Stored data

-- ===== src/Limits/Burst.antt =====
-- How many requests `TokenBucketLimiter.acquire` of src/rra/api/rate_limiter.py lets through over a run.
use native.Mathlib.Nat.{div-mul-le_self, mul-le-mul_right, add-mul, zero-add}
use rra_module.Prelude.{
  ℕ, ◌+◌, ◌-◌, ◌*◌, ◌≤◌, ◌<◌, ◌≡◌, ◌⊎◌, refl, ◌∙◌, ap, sym, subst, Bool, true, false, inl, inr,
  Option, none, some, List, [], ◌∷◌, arith, Text, text_key, ◌==◌, same_number, ltb, leb,
  if◌then◌else◌, Bool-cases,
}
use rra_module.Prelude.Dict.{lookup-insert}
use rra_module.Limits.Backend.{second, Backend, new_backend, get_tokens, set_tokens}
use rra_module.Limits.Limiters.{Verdict, TokenBucketLimiter, tokens_to_add, current_tokens, acquire}
use rra_module.Limits.Bucket.{level, answer, acquire-answer}

abbrev pub admitted : Option Verdict → ℕ
admitted none = 0
admitted (some v) = if v.allowed then 1 else 0

-- How many of the requests for a token are granted to the key.
unfoldable pub granted : TokenBucketLimiter → Text → List (Text × ℕ) → Backend → ℕ
unfolding acquire
granted l key [] b = 0
granted l key ((j, now) ∷ requests) b =
    let (b', v) = acquire l j 1 now b in
    let rest = granted l key requests b' in (if j == key then admitted v else 0) + rest

-- The times do not decrease, and none is after the end.
abbrev pub AreBetween : ℕ → ℕ → List (Text × ℕ) → Type 0
AreBetween now end [] = Unit
AreBetween now end ((j, t) ∷ requests) = (now ≤ t) × (t ≤ end) × AreBetween t end requests

get_tokens-set_tokens :
    (j key : Text) (n now : ℕ) (b : Backend)
    → get_tokens key (set_tokens j n now b) ≡ (if j == key then (n, now) else get_tokens key b)
unfolding get_tokens set_tokens
get_tokens-set_tokens j key n now b = ground (arith, lookup-insert key j (n, now) b.tokens)

answer_other :
    (l : TokenBucketLimiter) (j key : Text) (now : ℕ) (b : Backend) (current : ℕ × ℕ)
    → (j == key) ≡ false
    → get_tokens key (answer l j 1 now b current).0 ≡ get_tokens key b
answer_other l j key now b (current, owed) miss =
    ground (arith, miss, get_tokens-set_tokens j key (current - 1) now b)

-- Another key's request leaves the bucket alone.
acquire_other :
    (l : TokenBucketLimiter) (j key : Text) (now : ℕ) (b : Backend)
    → (j == key) ≡ false
    → get_tokens key (acquire l j 1 now b).0 ≡ get_tokens key b
unfolding acquire
acquire_other l j key now b miss =
    answer_other l j key now b (current_tokens l now (get_tokens j b)) miss

answer-cases :
    (l : TokenBucketLimiter) (key : Text) (now current : ℕ) (b : Backend)
    → ((1 ≤ current)
        × (get_tokens key (answer l key 1 now b (current, 0)).0 ≡ (current - 1, now))
        × (admitted (answer l key 1 now b (current, 0)).1 ≡ 1))
      ⊎ (((answer l key 1 now b (current, 0)).0 ≡ b)
          × (admitted (answer l key 1 now b (current, 0)).1 ≡ 0))
answer-cases l key now current b = elim (Bool-cases (leb 1 current)) [
  | inl enough ↦
      let same : (key == key) ≡ true = (text_key.same_iff key key).1 refl in
      inl (
        rw enough (
          ground (arith, enough),
          get_tokens-set_tokens key key (current - 1) now b ∙ rw same refl,
          refl,
        ))
  | inr short ↦ inr (elim (Bool-cases (same_number l.requests_per_minute 0)) [
    | inl never ↦ rw (short, never) (refl, refl)
    | inr slow ↦ rw (short, slow) (refl, refl)
  ])
]

-- A request is granted and takes a token, or is not and changes nothing.
acquire-cases :
    (l : TokenBucketLimiter) (key : Text) (now : ℕ) (b : Backend)
    → (get_tokens key b).1 ≤ now
    → ((1 ≤ level l now (get_tokens key b))
        × (get_tokens key (acquire l key 1 now b).0 ≡ (level l now (get_tokens key b) - 1, now))
        × (admitted (acquire l key 1 now b).1 ≡ 1))
      ⊎ (((acquire l key 1 now b).0 ≡ b) × (admitted (acquire l key 1 now b).1 ≡ 0))
acquire-cases l key now b clock =
    rw (acquire-answer l key 1 now b clock)
      (answer-cases l key now (level l now (get_tokens key b)) b)

-- What comes in by a time, and by the end after it.
level-gain :
    (l : TokenBucketLimiter) (t end tokens last_update : ℕ)
    → 0 < last_update
    → last_update ≤ t
    → t ≤ end
    → level l t (tokens, last_update) * 60000000 + (end - t) * l.requests_per_minute
      ≤ tokens * 60000000 + (end - last_update) * l.requests_per_minute
unfolding tokens_to_add second
level-gain l t end tokens last_update known clock within =
    let r = l.requests_per_minute in
    let come = div-mul-le_self ((t - last_update) * r) 60000000 in
    let e : (end - t) + (t - last_update) ≡ end - last_update = omega arith in
    let split : (end - last_update) * r ≡ (end - t) * r + (t - last_update) * r =
      sym (ap (λ n. n * r) e) ∙ add-mul (end - t) (t - last_update) r in
    let k : ltb 0 last_update ≡ true = ground arith in rw k (omega arith)

granted-own :
    (l : TokenBucketLimiter) (key : Text) (t : ℕ) (requests : List (Text × ℕ)) (b : Backend)
    → granted l key ((key, t) ∷ requests) b
      ≡ admitted (acquire l key 1 t b).1 + granted l key requests (acquire l key 1 t b).0
unfolding granted
granted-own l key t requests b =
    let same : (key == key) ≡ true = (text_key.same_iff key key).1 refl in
    ap
      (λ (c : Bool).
        (if c then admitted (acquire l key 1 t b).1 else 0)
        + granted l key requests (acquire l key 1 t b).0)
      same

granted_other :
    (l : TokenBucketLimiter) (j key : Text) (t : ℕ) (requests : List (Text × ℕ)) (b : Backend)
    → (j == key) ≡ false
    → granted l key ((j, t) ∷ requests) b ≡ granted l key requests (acquire l j 1 t b).0
unfolding granted
granted_other l j key t requests b miss =
    ap
      (λ (c : Bool).
        (if c then admitted (acquire l j 1 t b).1 else 0)
        + granted l key requests (acquire l j 1 t b).0)
      miss
    ∙ zero-add _

module _ (l : TokenBucketLimiter) (key : Text) (end : ℕ) where
  -- An entry's tokens and what comes in until the end pay for what is granted.
  abbrev Pays : List (Text × ℕ) → Backend → ℕ × ℕ → Type 0
  Pays requests b (tokens, last_update) =
      granted l key requests b * 60000000
      ≤ tokens * 60000000 + (end - last_update) * l.requests_per_minute

  -- The clock has gone past the time of the key's entry.
  abbrev IsKnown : ℕ → Backend → Type 0
  IsKnown now b = (0 < (get_tokens key b).1) × ((get_tokens key b).1 ≤ now)

  IsKnown-subst :
      (now : ℕ) (b : Backend) (entry : ℕ × ℕ)
      → get_tokens key b ≡ entry
      → (0 < entry.1) × (entry.1 ≤ now)
      → IsKnown now b
  IsKnown-subst now b entry e h = subst (λ (x : ℕ × ℕ). (0 < x.1) × (x.1 ≤ now)) (sym e) h

  Pays-own :
      (t : ℕ) (requests : List (Text × ℕ)) (b : Backend)
      → IsKnown t b
      → t ≤ end
      → ((b' : Backend) → IsKnown t b' → Pays requests b' (get_tokens key b'))
      → Pays ((key, t) ∷ requests) b (get_tokens key b)
  Pays-own t requests b known within later =
      let gain =
        level-gain l t end (get_tokens key b).0 (get_tokens key b).1 known.0 known.1 within in
      rw (granted-own l key t requests b) (elim (acquire-cases l key t b known.1) [
        | inl (enough, e, one) ↦
            let b' = (acquire l key 1 t b).0 in
            let rest = subst (Pays requests b') e (
              later b' (
                IsKnown-subst t b' (level l t (get_tokens key b) - 1, t) e
                  (omega arith, omega arith))) in
            rw one (omega arith)
        | inr (e, refused) ↦ rw (e, refused) (let rest = later b known in omega arith)
      ])

  granted-Pays :
      (now : ℕ) (requests : List (Text × ℕ)) (b : Backend)
      → IsKnown now b
      → AreBetween now end requests
      → Pays requests b (get_tokens key b)
  unfolding granted
  granted-Pays now [] b known h = ground arith
  granted-Pays now ((j, t) ∷ requests) b known h = elim (Bool-cases (j == key)) [
    | inr miss ↦
        let e = acquire_other l j key t b miss in
        let b' = (acquire l j 1 t b).0 in
        rw (granted_other l j key t requests b miss) (
          subst (Pays requests b') e (
            granted-Pays t requests b'
              (IsKnown-subst t b' (get_tokens key b) e (known.0, omega arith)) h.2))
    | inl hit ↦
        subst (λ i. Pays ((i, t) ∷ requests) b (get_tokens key b))
          (sym ((text_key.same_iff j key).0 hit))
          (Pays-own t requests b (known.0, omega arith) h.1
            (λ b' k. granted-Pays t requests b' k h.2))
  ]

  Pays-sooner :
      (now t : ℕ) (requests : List (Text × ℕ)) (b : Backend)
      → now ≤ t
      → t ≤ end
      → Pays requests b (l.bucket_size, t)
      → Pays requests b (l.bucket_size, now)
  Pays-sooner now t requests b le within h =
      let less =
        mul-le-mul_right {m = end - t} {n = end - now} l.requests_per_minute (omega arith) in
      omega arith

  Pays-first :
      (t : ℕ) (requests : List (Text × ℕ)) (b : Backend)
      → 0 < t
      → t ≤ end
      → (get_tokens key b).1 ≡ 0
      → AreBetween t end requests
      → Pays requests b (l.bucket_size, t)
      → Pays ((key, t) ∷ requests) b (l.bucket_size, t)
  Pays-first t requests b started within fresh h later =
      let full : level l t (get_tokens key b) ≡ l.bucket_size =
        ap (level l t) (ap (λ n. ((get_tokens key b).0, n)) fresh) in
      rw (granted-own l key t requests b) (elim (acquire-cases l key t b (omega arith)) [
        | inl (enough, e, one) ↦
            let b' = (acquire l key 1 t b).0 in
            let rest = subst (Pays requests b') e (
              granted-Pays t requests b'
                (IsKnown-subst t b' (level l t (get_tokens key b) - 1, t) e
                  (omega arith, omega arith))
                h) in
            rw one (omega arith)
        | inr (e, refused) ↦ rw (e, refused) (omega arith)
      ])

  -- A key that has no time yet gets a full bucket.
  granted-fresh :
      (now : ℕ) (requests : List (Text × ℕ)) (b : Backend)
      → 0 < now
      → (get_tokens key b).1 ≡ 0
      → AreBetween now end requests
      → Pays requests b (l.bucket_size, now)
  unfolding granted
  granted-fresh now [] b started fresh h = ground arith
  granted-fresh now ((j, t) ∷ requests) b started fresh h = elim (Bool-cases (j == key)) [
    | inr miss ↦
        let rest =
          granted-fresh t requests (acquire l j 1 t b).0 (omega arith)
            (ap (λ (x : ℕ × ℕ). x.1) (acquire_other l j key t b miss) ∙ fresh) h.2 in
        rw (granted_other l j key t requests b miss) (Pays-sooner now t requests _ h.0 h.1 rest)
    | inl hit ↦
        subst (λ i. Pays ((i, t) ∷ requests) b (l.bucket_size, now))
          (sym ((text_key.same_iff j key).0 hit))
          (Pays-sooner now t ((key, t) ∷ requests) b h.0 h.1 (
            Pays-first t requests b (omega arith) h.1 fresh h.2
              (granted-fresh t requests b (omega arith) fresh h.2)))
  ]

-- Over any run of requests for one token each, at times from a positive start to an end that do
-- not decrease, a bucket that was empty of entries grants a key at most its size and what comes
-- in at the rate from the start to the end.
pub granted-new_backend :
    (l : TokenBucketLimiter) (key : Text) (start end : ℕ) (requests : List (Text × ℕ))
    → 0 < start
    → AreBetween start end requests
    → granted l key requests new_backend * (60 * second)
      ≤ l.bucket_size * (60 * second) + (end - start) * l.requests_per_minute
unfolding second get_tokens new_backend
granted-new_backend l key start end requests started h =
    granted-fresh l key end start requests new_backend started refl h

▶ PROBLEM REQUIREMENTS
Find the lines above that contain the word "Option" and copy each one.

▶ ANSWER TO THIS PROBLEM
  Option, none, some, List, [], ◌∷◌, arith, Text, text_key, ◌==◌, same_number, ltb, leb,
abbrev pub admitted : Option Verdict → ℕ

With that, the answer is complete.